> **Your instructions**: When you reach the line containing "wait_for_termination (other ∷", stop after it; until then, copy each line of the listing exactly, starting with the first.

> **Task material**:

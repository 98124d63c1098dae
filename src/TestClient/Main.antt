-- ===== src/TestClient/Main.antt =====
-- setup_kq, wait_for_termination and main of test/test.c.
use vmnet_broker.Base.{ℕ, suc, List, [], ◌∷◌, CString, ◌==◌, ◌&&◌, if◌then◌else◌}
use vmnet_broker.TestClient.{
  error_number, errno, Cmd, pure, ◌>>=◌, ◌>>◌, emit, exit, wait, ok, fail, released_network,
  Starting, KernelEvent, kevent_error, signal, other, Calls,
}
use vmnet_broker.TestClient.Options.{parse_options}
use vmnet_broker.TestClient.Interfaces.{
  acquire_network, start_interface, stop_interfaces, setup_vmnet,
}

abbrev pub setup_kq : Calls → Cmd (Unit {0})
setup_kq calls = if calls.kqueue && calls.sigprocmask && calls.kevent_add then pure tt else exit 1

-- 0, or the errno
unfoldable pub wait_for_termination : List KernelEvent → Cmd ℕ
wait_for_termination [] = wait
wait_for_termination (kevent_error err ∷ events) = pure err
wait_for_termination (signal ∷ events) = pure 0
wait_for_termination (other ∷ events) = wait_for_termination events

-- The loop of main over the networks, from the index `i`.
unfoldable pub start_each : (ℕ → Starting) → (i : ℕ) → List CString → Cmd (Unit {0})
start_each start i [] = pure tt
start_each start i (name ∷ names) = do
  network ← acquire_network (start i) name
  start_interface (start i) name
  emit (released_network network)
  start_each start (suc i) names

unfoldable pub main : Calls → Cmd (Unit {0})
main calls = do
  opt ← parse_options calls
  setup_kq calls
  setup_vmnet
  start_each calls.start 0 opt.network_names
  wait_error ← if opt.quick then pure 0 else wait_for_termination calls.kevents
  stop_interfaces calls.stop
  if wait_error == 0 then ok else fail "kevent" (error_number (errno wait_error))
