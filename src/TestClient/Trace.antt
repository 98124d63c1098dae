-- ===== src/TestClient/Trace.antt =====
-- What the turns of test/test.c's main log, and the names, answers and interfaces that they had.
use vmnet_broker.Base.{
  ℕ, suc, ◌+◌, ◌≡◌, refl, ap, ◌∙◌, some, Option, List, [], ◌∷◌, pos, CString, length, get_elem?,
  arith,
}
use vmnet_broker.Status.{code, success}
use vmnet_broker.Client.{message, read_reply}
use vmnet_broker.TestClient.{
  lines, Action, logged, created_queue, created_network, released_network, released_serialization,
  started, stopped, Starting, Calls,
}
use vmnet_broker.TestClient.Options.{or_shared, log_names, empty_buffer}

-- What a network's turn in the loop of main came to.
pub record Started : Type 0 where
  pub name : CString
  pub serialization : ℕ
  pub network : ℕ
  pub iface : Option ℕ

-- It came of these calls: the broker's answer, vmnet's network and interface.
abbrev pub Came : Starting → Started → Type 0
Came at v =
    ((connection : ℕ) × (read_reply (at.answer connection (message v.name))
        ≡ (some v.serialization, pos (code success))))
    × (at.create v.serialization ≡ some v.network)
    × (at.iface ≡ v.iface)

-- The lists of these have the newest first, so that the index of the first is the length of the rest.
abbrev pub AllCame : (ℕ → Starting) → List Started → Type 0
AllCame start [] = Unit
AllCame start (v ∷ vs) = Came (start (length vs)) v × AllCame start vs

abbrev pub serializations : List Started → List ℕ
serializations [] = []
serializations (v ∷ vs) = v.serialization ∷ serializations vs

-- The names in the order of the turns, before `later`.
abbrev pub names_onto : List Started → List CString → List CString
names_onto [] later = later
names_onto (v ∷ vs) later = names_onto vs (v.name ∷ later)

-- What the turns log, newest first.
abbrev pub starts : List Started → List Action → List Action
starts [] log = log
starts (v ∷ vs) log =
    released_network v.network
    ∷ started v.iface
    ∷ released_serialization v.serialization
    ∷ created_network v.network
    ∷ starts vs log

-- What stopping logs: the interface that was started last is stopped first.
abbrev pub stops : List Started → List Action → List Action
stops [] log = log
stops (v ∷ vs) log = stops vs (stopped v.iface ∷ log)

-- What is logged before the first turn.
abbrev pub prepared : Calls → List Action
prepared calls =
    created_queue ∷ logged (log_names (or_shared calls.arguments) empty_buffer).text ∷ []

pub get_elem?-names_onto :
    (vs : List Started) (later : List CString) (i : ℕ)
    → get_elem? (names_onto vs later) (length vs + i) ≡ get_elem? later i
get_elem?-names_onto [] later i = ap (get_elem? later) (omega arith)
get_elem?-names_onto (v ∷ vs) later i =
    ap (get_elem? (names_onto vs (v.name ∷ later))) (omega arith)
    ∙ get_elem?-names_onto vs (v.name ∷ later) (suc i)

pub length-names_onto :
    (vs : List Started) (later : List CString)
    → length (names_onto vs later) ≡ length vs + length later
length-names_onto [] later = omega arith
length-names_onto (v ∷ vs) later = omega (arith, length-names_onto vs (v.name ∷ later))

pub lines-starts : (vs : List Started) (log : List Action) → lines (starts vs log) ≡ lines log
lines-starts [] log = refl
lines-starts (v ∷ vs) log = lines-starts vs log

pub lines-stops : (vs : List Started) (log : List Action) → lines (stops vs log) ≡ lines log
lines-stops [] log = refl
lines-stops (v ∷ vs) log = lines-stops vs (stopped v.iface ∷ log)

> **Your solution**:
repository 98124d63c1098dae
filename src/TestClient/Main.antt
-- ===== src/TestClient/Main.antt =====
-- setup_kq, wait_for_termination and main of test/test.c.
use vmnet_broker.Base.{ℕ, suc, List, [], ◌∷◌, CString, ◌==◌, ◌&&◌, if◌then◌else◌}
use vmnet_broker.TestClient.{
  error_number, errno, Cmd, pure, ◌>>=◌, ◌>>◌, emit, exit, wait, ok, fail, released_network,
  Starting, KernelEvent, kevent_error, signal, other, Calls,
}
use vmnet_broker.TestClient.Options.{parse_options}
use vmnet_broker.TestClient.Interfaces.{
  acquire_network, start_interface, stop_interfaces, setup_vmnet,
}

abbrev pub setup_kq : Calls → Cmd (Unit {0})
setup_kq calls = if calls.kqueue && calls.sigprocmask && calls.kevent_add then pure tt else exit 1

-- 0, or the errno
unfoldable pub wait_for_termination : List KernelEvent → Cmd ℕ
wait_for_termination [] = wait
wait_for_termination (kevent_error err ∷ events) = pure err
wait_for_termination (signal ∷ events) = pure 0
wait_for_termination (other ∷ events) = wait_for_termination events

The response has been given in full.